En la raíz de esta experiencia late lo más original de la fe cristiana tal como aparece expresamente en el lema de su escudo episcopal: ‘el Verbo se hizo carne’.  Recuerdo con nitidez el entusiasmo con que Julio hablaba del profundo valor teológico  de los llamados ‘años ocultos’ de Jesús, es decir, los 30 años de vida ordinaria, de los que el Nuevo Testamento  casi no habla en directo. Un largo tiempo que podría parecer irrelevante pero que hoy redescubrimos como una fuente decisiva para comprender cómo Dios se hace presente en la vida de Jesús y en toda la historia humana: desde dentro y desde abajo.

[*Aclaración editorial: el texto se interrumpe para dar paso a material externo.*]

-- ===== src/App/Prompt/Invariant/Events.antt =====
-- internal/app/prompt.go: the rounds for events of the agent keep the invariants of the loop.
use cyber_foreman.Prelude.{
  ℕ, ◌+◌, String, str_eq, Bool, true, false, not, ◌&&◌, Option, none, some, refl, inl, inr,
  Bool-cases,
}
use cyber_foreman.Domain.{running, permission}
use cyber_foreman.Event.{Event}
use cyber_foreman.Supervisor.Types.{Snapshot, Observation, Decision}
use cyber_foreman.Supervisor.Executor.{ExecuteError}
use cyber_foreman.Supervisor.Progress.{is_meaningful_progress, is_agent_message_chunk}
use cyber_foreman.Agent.{can_resolve_permission}
use cyber_foreman.App.Types.{ServiceError, Service}
use cyber_foreman.App.Verify.{VerificationReport}
use cyber_foreman.App.Prompt.State.{Plant, Loop, loop_of, current_status}
use cyber_foreman.App.Prompt.Turn.{stop_mid_turn_review}
use cyber_foreman.App.Prompt.Actions.{status_is}
use cyber_foreman.App.Prompt.Events.{
  permission_recorded, on_permission_event, first_interrupt_done, first_output_interrupt,
  interrupt_at_output, progressed, observed, on_event, on_closed, is_loss, is_permission_event,
  answerable,
}
use cyber_foreman.App.Prompt.Invariant.{
  Invariant, Holds, attend-Holds, transit-Holds, run_decision-Holds, prompt_performer-Quiet,
}
use cyber_foreman.App.Prompt.Invariant.Recovery.{recover_session-Holds, lose-Holds}
use cyber_foreman.App.Prompt.Invariant.Actions.{interrupted-Holds}

module _ {J S W : Type 0} {p : Plant J S W} {R : VerificationReport → Type 0}
    {I : Service J S → Snapshot → ℕ → Type 0} (inv : Invariant p R I) where
  permission_recorded-Holds :
      (now : ℕ) (e : Option ServiceError) (l : Loop J S W)
      → Holds inv l
      → Holds inv (loop_of (permission_recorded p now (e, l)))
  unfolding stop_mid_turn_review
  permission_recorded-Holds now (some x) l h = attend-Holds inv _ now l h
  permission_recorded-Holds now none l h = inv.observes permission _ _ h

  on_permission_event-Holds :
      (now : ℕ) (l : Loop J S W) → Holds inv l → Holds inv (loop_of (on_permission_event p now l))
  unfolding on_permission_event
  on_permission_event-Holds now l h =
      elim (Bool-cases (not (can_resolve_permission p.runtime.adapter))) [
        | inl y ↦ rw y (attend-Holds inv _ now l h)
        | inr n ↦ elim (Bool-cases (status_is running (current_status p l))) [
          | inl y ↦
              rw (n, y)
                (permission_recorded-Holds now _ _ (transit-Holds inv permission _ now l refl h))
          | inr m ↦ rw (n, m) h
        ]
      ]

  first_interrupt_done-Holds :
      (d : Decision) (now : ℕ) (e : Option ExecuteError) (n : Snapshot) (r : Option String)
      (l : Loop J S W)
      → Holds inv l
      → Holds inv (record l { snapshot = n })
      → Holds inv (loop_of (first_interrupt_done p d now (e, n, r, l)))
  first_interrupt_done-Holds d now (some x) n r l h k = attend-Holds inv _ now l h
  first_interrupt_done-Holds d now none n r l h k = interrupted-Holds inv _ _ n d now l k

  interrupt_at_output-Holds :
      (e : Event) (now : ℕ) (l : Loop J S W)
      → Holds inv l
      → Holds inv (loop_of (interrupt_at_output p e now l))
  unfolding interrupt_at_output
  interrupt_at_output-Holds e now l h =
      elim (Bool-cases (
        not (str_eq p.runtime.interrupt_with "")
        && (not l.manual_interrupted
            && (l.prompt_active && is_agent_message_chunk p.decode_update e)))) [
              | inr n ↦ rw n h
              | inl y ↦
                  let d = first_output_interrupt p (record l { sequence = l.sequence + 1 }) in
                  let k = run_decision-Holds inv _ d now _ (prompt_performer-Quiet p _) h in
                  rw y (first_interrupt_done-Holds d now _ _ _ _ k.0 k.1)
            ]

  progressed-Holds :
      (e : Event) (now : ℕ) (l : Loop J S W) → Holds inv l → Holds inv (progressed p e now l)
  progressed-Holds e now l h = elim (Bool-cases (is_meaningful_progress p.decode_update e)) [
    | inl y ↦ rw y (inv.observes _ _ _ h)
    | inr n ↦ rw n h
  ]

  observed-Holds :
      (e : Event) (now : ℕ) (o : Option Observation) (l : Loop J S W)
      → Holds inv l
      → Holds inv (loop_of (observed p e now o l))
  observed-Holds e now none l h = interrupt_at_output-Holds e now _ (progressed-Holds e now l h)
  observed-Holds e now (some o) l h = elim (Bool-cases (is_loss o)) [
    | inl y ↦ rw y (recover_session-Holds inv o _ now l h)
    | inr n ↦ rw n (interrupt_at_output-Holds e now _ (progressed-Holds e now l h))
  ]

  pub on_event-Holds :
      (e : Event) (now : ℕ) (l : Loop J S W)
      → Holds inv l
      → Holds inv (loop_of (on_event p e now l))
  unfolding on_event
  on_event-Holds e now l h =
      elim (Bool-cases (is_permission_event e.type && answerable e.payload)) [
        | inl y ↦ rw y (on_permission_event-Holds now _ (inv.announces e h))
        | inr n ↦ rw n (observed-Holds e now _ _ (inv.announces e h))
      ]

  pub on_closed-Holds :
      (ended : Bool) (now : ℕ) (l : Loop J S W)
      → Holds inv l
      → Holds inv (loop_of (on_closed p ended now l))
  unfolding on_closed
  on_closed-Holds true now l h = h
  on_closed-Holds false now l h = lose-Holds inv _ _ _ now l h
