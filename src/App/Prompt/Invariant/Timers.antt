-- ===== src/App/Prompt/Invariant/Timers.antt =====
-- internal/app/prompt.go: the rounds for reviews of active turns and for timers keep the invariants of the loop.
use cyber_foreman.Prelude.{
  ℕ, ◌+◌, String, str_eq, not, ◌||◌, ◌==◌, List, [], ◌∷◌, Option, none, some, refl, inl, inr,
  Bool-cases, ltb, leb,
}
use cyber_foreman.Domain.{stopped, waiting, attention}
use cyber_foreman.Supervisor.Types.{Snapshot, Decision, is_action, attention_required}
use cyber_foreman.Supervisor.Executor.{ExecuteError}
use cyber_foreman.Supervisor.Semantic.{SemanticReview}
use cyber_foreman.App.Types.{ServiceError, Service}
use cyber_foreman.App.Verify.{VerificationReport}
use cyber_foreman.App.Prompt.State.{Plant, Loop, loop_of, current_status}
use cyber_foreman.App.Prompt.Turn.{stop_mid_turn_review}
use cyber_foreman.App.Prompt.Actions.{status_is}
use cyber_foreman.App.Prompt.MidTurn.{
  launch_mid_turn_review, on_mid_turn_due, corrected, correct, on_mid_turn_outcome, asks_redirect,
  has_reviewer, mid_turn_decision,
}
use cyber_foreman.App.Prompt.TurnEnd.{over_budget}
use cyber_foreman.App.Prompt.Timers.{
  nudged, idle_by, on_idle_due, hard_by, on_hard_due, expired, on_waiting_due,
}
use cyber_foreman.App.Prompt.Invariant.{
  Invariant, Holds, attend-Holds, transit-Holds, run_decision-Holds, prompt_performer-Quiet,
}
use cyber_foreman.App.Prompt.Invariant.Actions.{interrupted-Holds}

module _ {J S W : Type 0} {p : Plant J S W} {R : VerificationReport → Type 0}
    {I : Service J S → Snapshot → ℕ → Type 0} (inv : Invariant p R I) where
  launch_mid_turn_review-Holds :
      (l : Loop J S W) → Holds inv l → Holds inv (launch_mid_turn_review p l)
  unfolding launch_mid_turn_review
  launch_mid_turn_review-Holds l h =
      elim (Bool-cases (
        not p.mid_turn.enabled
        || (not (has_reviewer p.reviewer)
            || (l.mid_turn_active
                || (not l.prompt_active
                    || (not (str_eq l.pending_follow_up "")
                        || leb p.mid_turn.max_reviews l.mid_turn_reviews)))))) [
                          | inl y ↦ rw y h
                          | inr n ↦ rw n h
                        ]

  pub on_mid_turn_due-Holds : (l : Loop J S W) → Holds inv l → Holds inv (on_mid_turn_due p l)
  unfolding on_mid_turn_due
  on_mid_turn_due-Holds l h =
      elim (Bool-cases (
        not l.prompt_active
        || (not (str_eq l.pending_follow_up "")
            || leb p.mid_turn.max_reviews l.mid_turn_reviews))) [
              | inl y ↦ rw y h
              | inr n ↦ elim (Bool-cases (ltb l.turn_response_runes p.mid_turn.min_output_runes)) [
                | inl y ↦ rw (n, y) h
                | inr m ↦
                    rw (n, m) (launch_mid_turn_review-Holds (record l { mid_turn_timer = none }) h)
              ]
            ]

  corrected-Holds :
      (r : SemanticReview) (d : Decision) (now : ℕ) (e : Option ExecuteError) (n : Snapshot)
      (t : Option String) (l : Loop J S W)
      → Holds inv l
      → Holds inv (record l { snapshot = n })
      → Holds inv (loop_of (corrected p r d now (e, n, t, l)))
  corrected-Holds r d now none n t l h k = interrupted-Holds inv _ _ n d now l k
  corrected-Holds r d now (some x) n t l h k = elim (Bool-cases (over_budget x)) [
    | inl y ↦ rw y h
    | inr m ↦ rw m (attend-Holds inv _ now l h)
  ]

  correct-Holds :
      (r : Option SemanticReview) (now : ℕ) (l : Loop J S W)
      → Holds inv l
      → Holds inv (loop_of (correct p r now l))
  unfolding correct
  correct-Holds none now l h = h
  correct-Holds (some r) now l h =
      let d = mid_turn_decision p r (record l { sequence = l.sequence + 1 }) in
      let k = run_decision-Holds inv _ d now _ (prompt_performer-Quiet p _) h in
      corrected-Holds r d now _ _ _ _ k.0 k.1

  pub on_mid_turn_outcome-Holds :
      (g : ℕ) (r : Option SemanticReview) (now : ℕ) (l : Loop J S W)
      → Holds inv l
      → Holds inv (loop_of (on_mid_turn_outcome p g r now l))
  unfolding on_mid_turn_outcome
  on_mid_turn_outcome-Holds g r now l h = elim (Bool-cases (not (g == l.generation))) [
    | inl y ↦ rw y h
    | inr n ↦ elim (Bool-cases (not l.prompt_active || not (str_eq l.pending_follow_up ""))) [
      | inl y ↦ rw (n, y) h
      | inr m ↦ elim (Bool-cases (asks_redirect r)) [
        | inl y ↦ rw (n, m, y) (correct-Holds r now _ h)
        | inr o ↦ elim (Bool-cases (ltb l.mid_turn_reviews p.mid_turn.max_reviews)) [
          | inl y ↦ rw (n, m, o, y) h
          | inr q ↦ rw (n, m, o, q) h
        ]
      ]
    ]
  ]

  nudged-Holds :
      (d : Decision) (now : ℕ) (e : Option ExecuteError) (n : Snapshot) (t : Option String)
      (l : Loop J S W)
      → Holds inv l
      → Holds inv (record l { snapshot = n })
      → Holds inv (loop_of (nudged p d now (e, n, t, l)))
  unfolding stop_mid_turn_review
  nudged-Holds d now none n t l h k = inv.announces _ k
  nudged-Holds d now (some x) n t l h k = attend-Holds inv _ now l h

  idle_by-Holds :
      (now : ℕ) (ds : List Decision) (l : Loop J S W)
      → Holds inv l
      → Holds inv (loop_of (idle_by p now ds l))
  unfolding idle_by
  idle_by-Holds now [] l h = h
  idle_by-Holds now (d ∷ ds) l h =
      let k = run_decision-Holds inv _ d now l (prompt_performer-Quiet p l.session_id) h in
      elim (Bool-cases (is_action d.action attention_required)) [
        | inl y ↦ rw y (attend-Holds inv _ now _ k.0)
        | inr n ↦ rw n (nudged-Holds d now _ _ _ _ k.0 k.1)
      ]

  pub on_idle_due-Holds :
      (now : ℕ) (l : Loop J S W) → Holds inv l → Holds inv (loop_of (on_idle_due p now l))
  unfolding on_idle_due
  on_idle_due-Holds now l h = elim (Bool-cases (not l.prompt_active)) [
    | inl y ↦ rw y h
    | inr n ↦ rw n (idle_by-Holds now _ _ (inv.observes _ _ _ h))
  ]

  hard_by-Holds :
      (now : ℕ) (ds : List Decision) (l : Loop J S W)
      → Holds inv l
      → Holds inv (loop_of (hard_by p now ds l))
  unfolding hard_by
  hard_by-Holds now [] l h = attend-Holds inv _ now l h
  hard_by-Holds now (d ∷ ds) l h =
      attend-Holds inv _ now _
        (run_decision-Holds inv _ d now l (prompt_performer-Quiet p l.session_id) h).1

  pub on_hard_due-Holds :
      (now : ℕ) (l : Loop J S W) → Holds inv l → Holds inv (loop_of (on_hard_due p now l))
  unfolding on_hard_due
  on_hard_due-Holds now l h = hard_by-Holds now _ _ h

  expired-Holds :
      (now : ℕ) (e : Option ServiceError) (l : Loop J S W)
      → Holds inv l
      → Holds inv (loop_of (expired p now (e, l)))
  expired-Holds now (some x) l h = attend-Holds inv _ now l h
  expired-Holds now none l h = h

  pub on_waiting_due-Holds :
      (now : ℕ) (l : Loop J S W) → Holds inv l → Holds inv (loop_of (on_waiting_due p now l))
  unfolding on_waiting_due
  on_waiting_due-Holds now l h =
      elim (Bool-cases (
        not (status_is waiting (current_status p l) || status_is attention (current_status p l)))) [
          | inl y ↦ rw y h
          | inr n ↦ rw n (
              expired-Holds now _ _
                (transit-Holds inv stopped _ now (record l { waiting_timer = none }) refl h))
        ]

Un tiempo que nos permite descubrir  que la importancia de la existencia humana se juega en la hondura y compromiso con que se viven las realidades cotidianas en relación  con los demás, con la naturaleza y con Dios. En la lucha diaria entre la vida y la muerte, la salud y la enfermedad, la comunicación y el aislamiento, los automatismos y la libertad, la solidaridad y el individualismo, la esperanza  y la resignación. Una lucha cuerpo a cuerpo en la que Julio nos enseñó a ver que no sólo se procesa la conservación de lo existente sino también su verdadera transformación.

 

De Julio vamos a extrañar especialmente un don inseparable de lo que venimos de señalar: el de contar historias. Él aprendió de su propia vida y de las parábolas de Jesús que la mejor forma de devolverle transparencia y dinamismo a una historia que se nos hace dolorosamente opaca es narrando hechos que ayuden a descubrir las fisuras de los muros que se nos imponen o de los que levantamos nosotros mismos. Daba gusto escuchar sus cuentos y anécdotas tanto en las homilías como en las charlas mano a mano. Relatos a veces dramáticos, otras veces divertidos, pero siempre  narrados con pasión e inocultable disfrute de su parte. Cuentos que siempre nos dejaban pensando y nos iban cambiando la mirada y las actitudes ante lo que nos tocaba vivir. 

 

Hay un gesto que conmovió a quienes participaron del encuentro nacional de comunidades eclesiales de base en Tacuarembó y  sintetiza lo que venimos diciendo. En medio de aquella multitud de cristianos venidos de todo el país se arrodilló y pidió a todos que, con su brazo extendido, pidieran a Dios que lo bendijera. No lo hizo por demagogia o por  cierta gestualidad exhibicionista sino por la convicción de que en la historia sencilla de esa gente, desde sus luchas y esperanzas, Dios sigue escribiendo la historia de salvación a la que él pretendió servir con todas sus fuerzas.